■ Supplied data:

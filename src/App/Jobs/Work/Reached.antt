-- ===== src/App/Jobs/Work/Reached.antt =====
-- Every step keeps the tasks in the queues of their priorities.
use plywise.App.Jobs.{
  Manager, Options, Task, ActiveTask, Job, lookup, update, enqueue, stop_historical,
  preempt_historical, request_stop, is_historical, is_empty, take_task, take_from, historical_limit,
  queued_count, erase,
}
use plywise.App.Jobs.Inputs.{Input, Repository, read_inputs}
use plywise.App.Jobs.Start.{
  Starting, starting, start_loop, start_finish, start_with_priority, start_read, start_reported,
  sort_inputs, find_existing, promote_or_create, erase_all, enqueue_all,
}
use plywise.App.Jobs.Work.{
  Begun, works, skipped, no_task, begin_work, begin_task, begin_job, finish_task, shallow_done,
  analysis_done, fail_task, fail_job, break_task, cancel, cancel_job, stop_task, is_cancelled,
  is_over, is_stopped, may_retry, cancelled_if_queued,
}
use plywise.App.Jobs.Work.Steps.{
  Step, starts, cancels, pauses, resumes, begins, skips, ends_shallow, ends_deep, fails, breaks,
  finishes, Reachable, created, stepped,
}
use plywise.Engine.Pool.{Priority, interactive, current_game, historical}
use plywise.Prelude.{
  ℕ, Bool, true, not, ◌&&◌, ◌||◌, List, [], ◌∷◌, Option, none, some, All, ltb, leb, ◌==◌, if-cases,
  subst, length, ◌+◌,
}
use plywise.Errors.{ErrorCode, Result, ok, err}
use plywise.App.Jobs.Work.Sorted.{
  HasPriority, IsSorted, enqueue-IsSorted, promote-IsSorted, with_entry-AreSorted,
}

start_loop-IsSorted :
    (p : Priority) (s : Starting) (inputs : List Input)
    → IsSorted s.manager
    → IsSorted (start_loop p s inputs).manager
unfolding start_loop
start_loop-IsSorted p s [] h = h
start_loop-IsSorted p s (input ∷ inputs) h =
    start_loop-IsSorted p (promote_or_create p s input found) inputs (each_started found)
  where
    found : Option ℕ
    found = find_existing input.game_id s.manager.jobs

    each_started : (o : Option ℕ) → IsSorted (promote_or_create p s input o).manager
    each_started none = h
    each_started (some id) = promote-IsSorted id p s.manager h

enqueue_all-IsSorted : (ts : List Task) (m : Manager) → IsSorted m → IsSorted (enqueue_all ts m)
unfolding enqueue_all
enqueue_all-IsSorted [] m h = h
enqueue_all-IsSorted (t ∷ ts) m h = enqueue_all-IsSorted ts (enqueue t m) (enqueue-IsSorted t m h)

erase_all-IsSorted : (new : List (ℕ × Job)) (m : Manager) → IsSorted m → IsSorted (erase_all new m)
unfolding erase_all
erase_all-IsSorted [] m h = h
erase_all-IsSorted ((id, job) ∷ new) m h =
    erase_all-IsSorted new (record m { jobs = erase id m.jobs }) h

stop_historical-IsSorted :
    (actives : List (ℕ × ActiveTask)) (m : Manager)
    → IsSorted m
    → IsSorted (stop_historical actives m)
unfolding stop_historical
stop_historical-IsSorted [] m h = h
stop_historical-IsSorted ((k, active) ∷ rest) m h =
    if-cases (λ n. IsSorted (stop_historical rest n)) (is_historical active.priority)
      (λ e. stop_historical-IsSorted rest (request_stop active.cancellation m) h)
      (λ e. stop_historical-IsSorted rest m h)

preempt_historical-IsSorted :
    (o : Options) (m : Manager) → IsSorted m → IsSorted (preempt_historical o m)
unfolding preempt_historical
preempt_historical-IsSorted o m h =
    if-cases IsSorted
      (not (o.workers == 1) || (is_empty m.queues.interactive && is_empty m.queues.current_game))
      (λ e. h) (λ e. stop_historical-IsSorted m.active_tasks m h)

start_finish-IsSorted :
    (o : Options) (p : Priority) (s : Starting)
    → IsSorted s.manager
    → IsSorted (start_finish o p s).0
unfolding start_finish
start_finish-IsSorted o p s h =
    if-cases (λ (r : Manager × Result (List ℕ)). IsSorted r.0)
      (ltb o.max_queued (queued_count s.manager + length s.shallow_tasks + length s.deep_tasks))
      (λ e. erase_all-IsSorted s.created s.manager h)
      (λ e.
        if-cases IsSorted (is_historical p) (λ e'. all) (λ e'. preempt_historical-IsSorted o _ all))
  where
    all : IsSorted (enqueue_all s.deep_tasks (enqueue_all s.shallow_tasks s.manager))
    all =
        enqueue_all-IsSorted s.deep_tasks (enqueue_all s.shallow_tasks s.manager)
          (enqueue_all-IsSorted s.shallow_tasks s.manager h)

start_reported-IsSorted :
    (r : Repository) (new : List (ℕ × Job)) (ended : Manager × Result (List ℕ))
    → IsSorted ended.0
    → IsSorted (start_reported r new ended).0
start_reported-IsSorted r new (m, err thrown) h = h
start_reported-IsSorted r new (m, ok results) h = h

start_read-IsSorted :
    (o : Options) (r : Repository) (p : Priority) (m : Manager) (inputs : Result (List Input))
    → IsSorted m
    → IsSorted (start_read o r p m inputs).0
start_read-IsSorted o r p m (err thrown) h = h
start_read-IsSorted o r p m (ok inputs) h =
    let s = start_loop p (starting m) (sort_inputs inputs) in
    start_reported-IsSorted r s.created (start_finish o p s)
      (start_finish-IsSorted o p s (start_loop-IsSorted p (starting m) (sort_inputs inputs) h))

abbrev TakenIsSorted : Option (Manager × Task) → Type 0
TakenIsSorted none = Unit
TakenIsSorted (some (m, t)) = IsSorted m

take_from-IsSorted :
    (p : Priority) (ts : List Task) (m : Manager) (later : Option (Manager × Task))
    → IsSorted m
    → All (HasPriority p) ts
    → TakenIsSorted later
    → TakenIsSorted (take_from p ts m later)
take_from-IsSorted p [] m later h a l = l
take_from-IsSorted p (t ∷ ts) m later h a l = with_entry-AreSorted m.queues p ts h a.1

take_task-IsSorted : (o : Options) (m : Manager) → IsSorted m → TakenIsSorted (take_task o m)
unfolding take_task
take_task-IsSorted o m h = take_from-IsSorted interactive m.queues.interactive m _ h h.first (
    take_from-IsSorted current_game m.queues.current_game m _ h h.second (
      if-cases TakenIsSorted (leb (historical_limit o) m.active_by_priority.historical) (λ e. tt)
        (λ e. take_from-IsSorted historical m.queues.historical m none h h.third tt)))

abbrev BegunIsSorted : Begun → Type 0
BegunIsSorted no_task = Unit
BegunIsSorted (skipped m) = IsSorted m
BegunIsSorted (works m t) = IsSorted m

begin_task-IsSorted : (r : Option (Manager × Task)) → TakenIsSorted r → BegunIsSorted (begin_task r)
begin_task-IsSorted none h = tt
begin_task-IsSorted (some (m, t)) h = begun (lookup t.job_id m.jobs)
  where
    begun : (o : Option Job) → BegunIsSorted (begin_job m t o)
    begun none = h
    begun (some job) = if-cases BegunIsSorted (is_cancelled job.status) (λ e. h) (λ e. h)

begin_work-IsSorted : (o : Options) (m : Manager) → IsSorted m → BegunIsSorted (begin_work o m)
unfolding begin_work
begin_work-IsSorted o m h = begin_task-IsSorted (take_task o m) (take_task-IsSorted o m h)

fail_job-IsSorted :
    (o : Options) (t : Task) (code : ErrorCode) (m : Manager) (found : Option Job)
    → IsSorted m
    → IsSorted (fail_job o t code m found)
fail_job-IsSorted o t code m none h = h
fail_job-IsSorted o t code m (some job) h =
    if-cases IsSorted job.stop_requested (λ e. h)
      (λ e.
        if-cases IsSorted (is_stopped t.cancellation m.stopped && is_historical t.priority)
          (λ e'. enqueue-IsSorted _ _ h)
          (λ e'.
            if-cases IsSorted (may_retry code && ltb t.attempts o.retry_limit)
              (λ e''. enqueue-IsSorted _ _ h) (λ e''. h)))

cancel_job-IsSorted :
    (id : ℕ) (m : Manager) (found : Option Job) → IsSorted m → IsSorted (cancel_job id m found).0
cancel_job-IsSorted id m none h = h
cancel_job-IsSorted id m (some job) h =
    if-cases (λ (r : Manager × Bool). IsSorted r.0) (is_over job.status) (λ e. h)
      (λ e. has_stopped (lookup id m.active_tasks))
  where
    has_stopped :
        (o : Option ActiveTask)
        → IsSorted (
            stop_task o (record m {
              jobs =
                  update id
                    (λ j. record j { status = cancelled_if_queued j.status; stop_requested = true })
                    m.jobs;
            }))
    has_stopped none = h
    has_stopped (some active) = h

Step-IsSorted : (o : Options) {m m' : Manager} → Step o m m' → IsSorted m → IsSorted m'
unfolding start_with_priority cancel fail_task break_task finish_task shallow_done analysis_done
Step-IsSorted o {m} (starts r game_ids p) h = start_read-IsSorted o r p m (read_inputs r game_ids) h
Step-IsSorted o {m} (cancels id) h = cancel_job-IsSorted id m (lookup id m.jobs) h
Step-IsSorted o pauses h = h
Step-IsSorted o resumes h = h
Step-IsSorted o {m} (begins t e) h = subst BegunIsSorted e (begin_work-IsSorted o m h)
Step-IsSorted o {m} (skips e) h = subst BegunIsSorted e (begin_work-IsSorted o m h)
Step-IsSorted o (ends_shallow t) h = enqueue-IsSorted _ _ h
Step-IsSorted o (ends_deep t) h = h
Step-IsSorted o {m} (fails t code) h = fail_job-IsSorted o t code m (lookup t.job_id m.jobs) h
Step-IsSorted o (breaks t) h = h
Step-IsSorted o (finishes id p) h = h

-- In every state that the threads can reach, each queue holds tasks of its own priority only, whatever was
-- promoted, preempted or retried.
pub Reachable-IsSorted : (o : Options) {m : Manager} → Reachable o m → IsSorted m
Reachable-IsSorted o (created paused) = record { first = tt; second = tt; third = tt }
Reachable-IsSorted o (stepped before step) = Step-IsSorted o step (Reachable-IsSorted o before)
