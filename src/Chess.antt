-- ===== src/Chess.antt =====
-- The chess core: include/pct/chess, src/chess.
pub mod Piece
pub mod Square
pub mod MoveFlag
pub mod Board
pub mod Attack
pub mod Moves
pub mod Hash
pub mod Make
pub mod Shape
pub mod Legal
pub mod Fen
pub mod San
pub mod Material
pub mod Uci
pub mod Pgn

■ Instructions for the task: Figure out how many lines of the material include "stepped", then reply with the count alone.

■ Output for this task: 2